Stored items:
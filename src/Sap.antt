-- ===== src/Sap.antt =====
-- src/sap.rs: the write-ahead sidecar. A 24-byte header, then a checksummed record for each entry.
pub mod Record
pub mod Crash
pub mod Segment
pub mod Resume
pub mod Found
pub mod Sound
mod Tests
use timberfs.Prelude.{ℕ, zero, suc, ◌+◌, ◌-◌, ◌/◌, ◌%◌, ◌^◌, bit_and, bit_xor, Bool, true, false}
use timberfs.Prelude.{List, [], ◌∷◌, ◌++◌, Option, none, some, length, take, drop, concat, map}
use timberfs.Prelude.{ltb, ◌==◌, if◌then◌else◌, not, ◌||◌, get_elem?}
use timberfs.Bytes.{slice, to_le, from_le, u64_at, u32_at, bytes_eq, write_at, set_len}

-- "SAP00001"
abbrev pub sap_magic : List ℕ
sap_magic = b'S' ∷ b'A' ∷ b'P' ∷ b'0' ∷ b'0' ∷ b'0' ∷ b'0' ∷ b'1' ∷ []

abbrev pub header_len : ℕ
header_len = 24

abbrev pub record_header_len : ℕ
record_header_len = 20

-- The inner loop of `build_crc32_table`, `j` rounds.
crc32_round : ℕ → ℕ → ℕ
crc32_round zero c = c
crc32_round (suc j) c =
    crc32_round j (if bit_and c 1 == 0 then c / 2 else bit_xor 0xEDB88320 (c / 2))

-- Entries `i` to `i + n - 1` of the table.
table_from : ℕ → ℕ → List ℕ
unfolding crc32_round
table_from zero i = []
table_from (suc n) i = crc32_round 8 i ∷ table_from n (i + 1)

build_crc32_table : List ℕ
unfolding table_from
build_crc32_table = table_from 256 0

-- `CRC32_TABLE[idx]`; the index is at most 255.
table_entry : ℕ → ℕ
unfolding build_crc32_table
table_entry idx = elim (get_elem? build_crc32_table idx) [ none ↦ 0 | some v ↦ v ]

crc32_loop : ℕ → List ℕ → ℕ
unfolding table_entry
crc32_loop crc [] = crc
crc32_loop crc (b ∷ bs) =
    crc32_loop (bit_xor (table_entry (bit_and (bit_xor crc b) 0xFF)) (crc / 256)) bs

-- `!crc` of a `u32`
unfoldable pub crc32 : List ℕ → ℕ
unfolding crc32_loop
crc32 bytes = 0xFFFFFFFF - crc32_loop 0xFFFFFFFF bytes

pub record SapEntry : Type 0 where
  pub wf : ℕ
  pub wl : ℕ
  pub payload : List ℕ

unfoldable pub header_bytes : ℕ → ℕ → List ℕ
header_bytes base uncomp_base = sap_magic ++ (to_le 8 base ++ to_le 8 uncomp_base)

-- The record's header and payload, which the checksum covers.
unfoldable pub record_body : SapEntry → List ℕ
record_body e = to_le 4 (length e.payload % 2 ^ 32) ++ (to_le 8 e.wf ++ (to_le 8 e.wl ++ e.payload))

unfoldable pub encode_record : SapEntry → List ℕ
unfolding record_body
encode_record e = record_body e ++ to_le 4 (crc32 (record_body e))

-- The loop of `parse_records`, from the offset `off`; each round takes 24 bytes at least. It returns
-- the entries and the offset where it stopped.
unfoldable pub parse_loop : ℕ → ℕ → List ℕ → List SapEntry × ℕ
parse_loop zero off buf = ([], off)
parse_loop (suc fuel) off buf =
    let len = u32_at off buf in
    let total = record_header_len + len + 4 in
    let head_and_payload = slice off (record_header_len + len) buf in
    let stored_crc = u32_at (off + record_header_len + len) buf in
    let entry : SapEntry = record {
      wf = u64_at (off + 4) buf;
      wl = u64_at (off + 12) buf;
      payload = slice (off + record_header_len) len buf;
    } in
    let later = parse_loop fuel (off + total) buf in
    if ltb (length buf) (off + 4)
    then ([], off)
    else if ltb (length buf) (off + total)
    then ([], off)
    else if not (crc32 head_and_payload == stored_crc)
    then ([], off)
    else (entry ∷ later.0, later.1)

unfoldable pub parse_records : List ℕ → List SapEntry × ℕ
unfolding parse_loop
parse_records buf = parse_loop (length buf) 0 buf

pub record SapReplay : Type 0 where
  pub base : ℕ
  pub uncomp_base : ℕ
  pub entries : List SapEntry
  pub valid_len : ℕ

-- `replay` of a path: `none` for a file that does not exist. A file with no valid header is removed.
-- The result is what was recovered, and the file as it is afterwards.
unfoldable pub replay : Option (List ℕ) → Option SapReplay × Option (List ℕ)
unfolding parse_records bytes_eq
replay none = (none, none)
replay (some buf) =
    let parsed = parse_records (drop header_len buf) in
    if ltb (length buf) header_len || not (bytes_eq (take 8 buf) sap_magic) then (none, none) else (
      some (record {
        base = u64_at 8 buf;
        uncomp_base = u64_at 16 buf;
        entries = parsed.0;
        valid_len = header_len + parsed.1;
      }),
      some buf,
    )

-- A live segment: all bytes written to it, how many of them have left the `BufWriter` for the file
-- and how many are on disk, and its two bases.
pub record Sap : Type 0 where
  pub bytes : List ℕ
  pub flushed : ℕ
  pub synced : ℕ
  pub base : ℕ
  pub uncomp_base : ℕ

unfoldable pub create : ℕ → ℕ → Sap
unfolding header_bytes
create base uncomp_base = record {
  bytes = header_bytes base uncomp_base;
  flushed = header_len;
  synced = 0;
  base = base;
  uncomp_base = uncomp_base;
}

-- `resume` of a file that holds `file`.
unfoldable pub resume : List ℕ → ℕ → ℕ → ℕ → Sap
unfolding set_len
resume file base uncomp_base valid_len = record {
  bytes = set_len valid_len file;
  flushed = valid_len;
  synced = 0;
  base = base;
  uncomp_base = uncomp_base;
}

unfoldable pub append : SapEntry → Sap → Sap
unfolding encode_record
append e s = record s { bytes = s.bytes ++ encode_record e }

unfoldable pub flush : Sap → Sap
flush s = record s { flushed = length s.bytes }

unfoldable pub sync : Sap → Sap
sync s = record s { flushed = length s.bytes; synced = length s.bytes }

-- The bases are written in place; `sync_all` makes durable what has left the `BufWriter`.
unfoldable pub refresh_base : ℕ → ℕ → Sap → Sap
unfolding write_at
refresh_base new_base new_uncomp s = record s {
  bytes = write_at s.bytes 8 (to_le 8 new_base ++ to_le 8 new_uncomp);
  synced = s.flushed;
  base = new_base;
  uncomp_base = new_uncomp;
}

Problem statement — Within the data above, the span starting at the line containing "unfolding record_body" and ending at the line containing "-- the entries" is to be retyped exactly, with no other lines.

Solution to this problem —
unfolding record_body
encode_record e = record_body e ++ to_le 4 (crc32 (record_body e))

-- The loop of `parse_records`, from the offset `off`; each round takes 24 bytes at least. It returns
-- the entries and the offset where it stopped.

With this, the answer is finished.